Business leaders also benefit. With an unparalleled visibility into third-party cyber risk, they can make informed decisions about which organizations to do business with, hold those accountable for security performance, and, ultimately, reduce the risk of a supply chain attack.
3. Share information on cyber risk
Acting in collaboration rather than in isolation is key to thwarting threat actors. This is something the financial services sector already does well. For instance, the Financial Services Information and Sharing Center (FS-ISAC) is a forum dedicated to strengthening the financial system through a global peer-to-peer network of experts and practitioners.
Firms can build on these efforts using the Bitsight platform. For instance, users can exchange critical cyber risk information, including self-published security ratings. They can also invite third-party vendors so that they can view their own ratings and investigate forensic data on potential security issues in their environment.
If a large-scale cyber attack occurs, organizations can reach out to partners and vendors as a group to notify them. This allows these organizations to proactively assess their security postures and take action to reduce the risk of becoming a victim and improve security measures.
4. Gain buy-in from executives
Executive leaders and board members make critical decisions about cybersecurity – notably how and where money is spent. But upper-level managers are not in the trenches everyday and there can be significant gaps between what the Security Operations Center (SOC) knows about cyber risk and what it reports to leadership. That’s not to say that security professionals are holding information back, it’s just that they speak a different language than the C-suite.
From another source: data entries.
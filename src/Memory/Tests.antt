-- ===== src/Memory/Tests.antt =====
-- The statistics and the history of a small journal.
use prolog_forge.Prelude.{
  ℕ, min, List, [], ◌∷◌, none, some, ◌≡◌, ◌↔◌, refl, nat_eq, list_eq, bytes, Str, length, In,
  if◌then◌else◌, ◌==◌, true, false, sort_by, insert_sorted, ok,
}
use prolog_forge.Commit.Journal.{CommitEntry}
use prolog_forge.Memory.{
  Decoder, DirEntry, holds, known_schema, read_entries, list, HistoryFilter, HistoryItem, history,
  MemoryStats, stats,
}
use prolog_forge.Memory.Touched.{touched_paths, stats_touched}
use prolog_forge.Memory.Newest.{NewestFirst, Shows, history-Shows}

abbrev entry : Str → ℕ → CommitEntry
entry id time = record {
  schema = 1;
  commit_id = id;
  timestamp_unix = time;
  label = bytes "rename";
  files = record { path = bytes "src/lib.rs"; before = bytes "a"; after = bytes "b" } ∷ [];
  ops_summary = bytes "rename_function" ∷ [];
  validation_profile = none;
  total_replacements = 1;
}

abbrev journal : List CommitEntry
journal = entry (bytes "c1") 1 ∷ entry (bytes "c2") 2 ∷ []

abbrev all_entries : HistoryFilter
all_entries = record {
  label_prefix = some (bytes "ren");
  op_tag = none;
  validation_profile = none;
  limit = none;
}

-- A reader that knows two files, by their first byte.
abbrev decode : Decoder
decode [] = none
decode (b ∷ bs) = if b == 49 then some (entry (bytes "c1") 1) else some (entry (bytes "c2") 2)

abbrev directory : List DirEntry
directory =
    record { is_json = true; content = some (bytes "2") }
    ∷ record { is_json = false; content = some (bytes "1") }
    ∷ record { is_json = true; content = none }
    ∷ record { is_json = true; content = some (bytes "1") }
    ∷ []

list-directory : list decode (holds directory) ≡ ok journal
unfolding list read_entries known_schema sort_by insert_sorted
list-directory = refl

stats_touched_example :
    (s : MemoryStats) × (stats decode (holds directory) ≡ ok s)
    × (s.files_touched ≡ min 20 (length (touched_paths journal [])))
stats_touched_example = stats_touched decode (holds directory) journal list-directory

history-Shows_example :
    (items : List HistoryItem) × (history decode (holds directory) all_entries ≡ ok items)
    × NewestFirst items
    × ((item : HistoryItem)
        → In item items ↔ Shows all_entries (read_entries decode directory) item)
history-Shows_example = history-Shows decode directory all_entries refl
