-- ===== src/Patch.antt =====
-- Patch plans, crates/aa-patch/src/ops.rs and plan.rs.
pub mod Ops
pub mod Plan
pub mod Resolver
pub mod Preview
pub mod Tests
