-- ===== src/Patch/Ops.antt =====
-- The operations of a plan, crates/aa-patch/src/ops.rs.
use prolog_forge.Prelude.{ℕ, List, Option, Str}

pub data ItemKind : Type 0 where
  function struct_item enum_item union_item : ItemKind

pub record ExtractParam : Type 0 where
  pub name : Str
  pub ty : Str

pub record ParamReorder : Type 0 where
  pub from_index : ℕ
  pub rename : Option Str

-- The arguments stand in the order of the source's fields.
pub data PatchOp : Type 0 where
  rename_function : Str → Str → List Str → PatchOp
  rename_function_typed : Str → ℕ → ℕ → Str → Str → PatchOp
  add_derive_to_struct : Str → List Str → List Str → PatchOp
  remove_derive_from_struct : Str → List Str → List Str → PatchOp
  inline_function : Str → List Str → PatchOp
  extract_function : Str → ℕ → ℕ → Str → List ExtractParam → List Str → PatchOp
  change_signature : Str → List ParamReorder → List Str → PatchOp
  move_item : ItemKind → Str → Str → Str → List Str → PatchOp

pub record PatchPlan : Type 0 where
  pub ops : List PatchOp
  pub label : Str

-- `PatchPlan::labelled`.
unfoldable pub labelled : List PatchOp → Str → PatchPlan
labelled ops label = record { ops = ops; label = label }
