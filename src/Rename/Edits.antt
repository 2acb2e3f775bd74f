-- ===== src/Rename/Edits.antt =====
-- Text edits on one file: `apply_text_edits`, `line_starts` and `linecol_to_byte` of
-- crates/aa-patch/src/typed_rename.rs. A text is its UTF-8 bytes.
use prolog_forge.Prelude.{
  ℕ, suc, ◌+◌, List, [], ◌∷◌, ◌++◌, Option, none, some, Bool, true, false, ◌&&◌, ◌||◌, ◌==◌, nat_eq,
  ltb, leb, get_or, Str, length, get_elem?, take, drop, slice, if◌then◌else◌, Result, ok, err,
}

pub record Position : Type 0 where
  pub line : ℕ
  pub character : ℕ

pub record Range : Type 0 where
  pub start : Position
  pub stop : Position

pub record TextEdit : Type 0 where
  pub range : Range
  pub new_text : Str

pub data InvalidReason : Type 0 where
  start_out_of_range end_out_of_range end_precedes_start overlapping_edits : InvalidReason

pub data TypedRenameError : Type 0 where
  unavailable client io_error missing_decl_file unknown_edit_target : Str → TypedRenameError
  invalid_edit : Range → InvalidReason → TypedRenameError

unfoldable pub line_starts_from : ℕ → Str → List ℕ
line_starts_from i [] = []
line_starts_from i (b ∷ bs) =
    let rest = line_starts_from (suc i) bs in if b == b'\n' then suc i ∷ rest else rest

unfoldable pub line_starts : Str → List ℕ
unfolding line_starts_from
line_starts src = 0 ∷ line_starts_from 0 src

unfoldable pub is_ascii : Str → Bool
is_ascii [] = true
is_ascii (b ∷ bs) = ltb b 128 && is_ascii bs

-- A byte that continues a character.
unfoldable pub is_continuation : ℕ → Bool
is_continuation b = leb 128 b && ltb b 192

-- `len_utf16` of the character that the byte starts.
unfoldable pub len_utf16 : ℕ → ℕ
len_utf16 b = if ltb b 240 then 1 else 2

-- The loop over `char_indices`: `i` is the byte's index, `cu` the code units passed. The last result is
-- for the end of the line.
unfoldable pub walk : ℕ → ℕ → ℕ → Str → Option ℕ
unfolding is_continuation len_utf16
walk character i cu [] = if leb character cu then some i else none
walk character i cu (b ∷ bs) =
    let rest = walk character (suc i) cu bs in
    let next = walk character (suc i) (cu + len_utf16 b) bs in
    if is_continuation b then rest else if leb character cu then some i else next

unfoldable pub column_to_byte : ℕ → ℕ → Str → ℕ → Option ℕ
unfolding walk is_ascii
column_to_byte line_start line_end line_text character =
    if is_ascii line_text
    then if ltb line_end (line_start + character) then none else some (line_start + character)
    else walk character line_start 0 line_text

unfoldable pub line_to_byte : Option ℕ → List ℕ → Str → ℕ → ℕ → Option ℕ
unfolding column_to_byte
line_to_byte none starts src line character = none
line_to_byte (some line_start) starts src line character =
    let line_end = get_or (get_elem? starts (suc line)) (length src) in
    column_to_byte line_start line_end (slice line_start line_end src) character

unfoldable pub linecol_to_byte : List ℕ → Str → ℕ → ℕ → Option ℕ
unfolding line_to_byte
linecol_to_byte starts src line character =
    line_to_byte (get_elem? starts line) starts src line character

pub record ByteEdit : Type 0 where
  pub start : ℕ
  pub stop : ℕ
  pub text : Str

unfoldable pub ordered_edit : TextEdit → ℕ → ℕ → Result TypedRenameError ByteEdit
ordered_edit e a b =
    if ltb b a
    then err (invalid_edit e.range end_precedes_start)
    else ok (record { start = a; stop = b; text = e.new_text })

unfoldable pub stop_to_byte : TextEdit → ℕ → Option ℕ → Result TypedRenameError ByteEdit
unfolding ordered_edit
stop_to_byte e a none = err (invalid_edit e.range end_out_of_range)
stop_to_byte e a (some b) = ordered_edit e a b

unfoldable pub start_to_byte : TextEdit → Option ℕ → Option ℕ → Result TypedRenameError ByteEdit
unfolding stop_to_byte
start_to_byte e none stop = err (invalid_edit e.range start_out_of_range)
start_to_byte e (some a) stop = stop_to_byte e a stop

unfoldable pub to_byte_edit : List ℕ → Str → TextEdit → Result TypedRenameError ByteEdit
unfolding start_to_byte linecol_to_byte
to_byte_edit starts src e =
    start_to_byte e (linecol_to_byte starts src e.range.start.line e.range.start.character)
      (linecol_to_byte starts src e.range.stop.line e.range.stop.character)

unfoldable pub to_byte_edits :
    List ℕ → Str → List TextEdit → Result TypedRenameError (List ByteEdit)
unfolding to_byte_edit
to_byte_edits starts src [] = ok []
to_byte_edits starts src (e ∷ es) =
    let rest = to_byte_edits starts src es in
    elim (to_byte_edit starts src e) [
      | err x ↦ err x
      | ok b ↦ elim rest [ err x ↦ err x | ok bs ↦ ok (b ∷ bs) ]
    ]

unfoldable pub insert_by_start : ByteEdit → List ByteEdit → List ByteEdit
insert_by_start e [] = e ∷ []
insert_by_start e (f ∷ fs) =
    let rest = insert_by_start e fs in if leb e.start f.start then e ∷ f ∷ fs else f ∷ rest

-- `sort_by_key` on the start, which is stable.
unfoldable pub sort_by_start : List ByteEdit → List ByteEdit
unfolding insert_by_start
sort_by_start [] = []
sort_by_start (e ∷ es) = insert_by_start e (sort_by_start es)

-- The test over `windows(2)`.
unfoldable pub has_overlap : List ByteEdit → Bool
has_overlap [] = false
has_overlap (e ∷ []) = false
has_overlap (e ∷ f ∷ fs) = ltb f.start e.stop || has_overlap (f ∷ fs)

-- `String::replace_range`.
unfoldable pub replace_range : ℕ → ℕ → Str → Str → Str
replace_range a b text out = take a out ++ (text ++ drop b out)

-- The splices from the last edit to the first.
unfoldable pub splice_back : List ByteEdit → Str → Str
unfolding replace_range
splice_back [] src = src
splice_back (e ∷ es) src = replace_range e.start e.stop e.text (splice_back es src)

abbrev origin : Range
origin = record {
  start = record { line = 0; character = 0 };
  stop = record { line = 0; character = 0 };
}

unfoldable pub splice_sorted : List ByteEdit → Str → Result TypedRenameError Str
unfolding splice_back has_overlap
splice_sorted es source =
    if has_overlap es
    then err (invalid_edit origin overlapping_edits)
    else ok (splice_back es source)

unfoldable pub apply_text_edits : Str → List TextEdit → Result TypedRenameError Str
unfolding to_byte_edits splice_sorted sort_by_start line_starts
apply_text_edits source edits = elim (to_byte_edits (line_starts source) source edits) [
  | err x ↦ err x
  | ok es ↦ splice_sorted (sort_by_start es) source
]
To ensure that the most important information is passed up the chain of command and meaningful investments can be made, SOC leadership must learn the art of effective executive reporting. That means talking to executives in a non-technical way they understand and that ties their company’s security challenges directly to its financial and reputational performances.
We discuss these challenges in an earlier blog, in which we offer some uncomplicated suggestions for “speaking the C-suite’s language” and gaining buy-in from senior executives.
Financial services cybersecurity -- it's a matter of trust
Regulators highly regulate financial services cybersecurity, and for a good reason. But regulation isn’t the only reason that information security is critical – it’s about trust.
Customers trust financial institutions with their earnings, their savings, their wealth management, and their overall sensitive information. If this data is breached or services are interrupted due to ransomware, customers may lose faith in the ability of a company to safeguard their data and their money. It’s a financial and reputational risk that no institution can afford to take.
Financial companies must prioritize more than just security for compliance. They should also focus on continuous monitoring, collaboration, and making security performance accessible to top executives.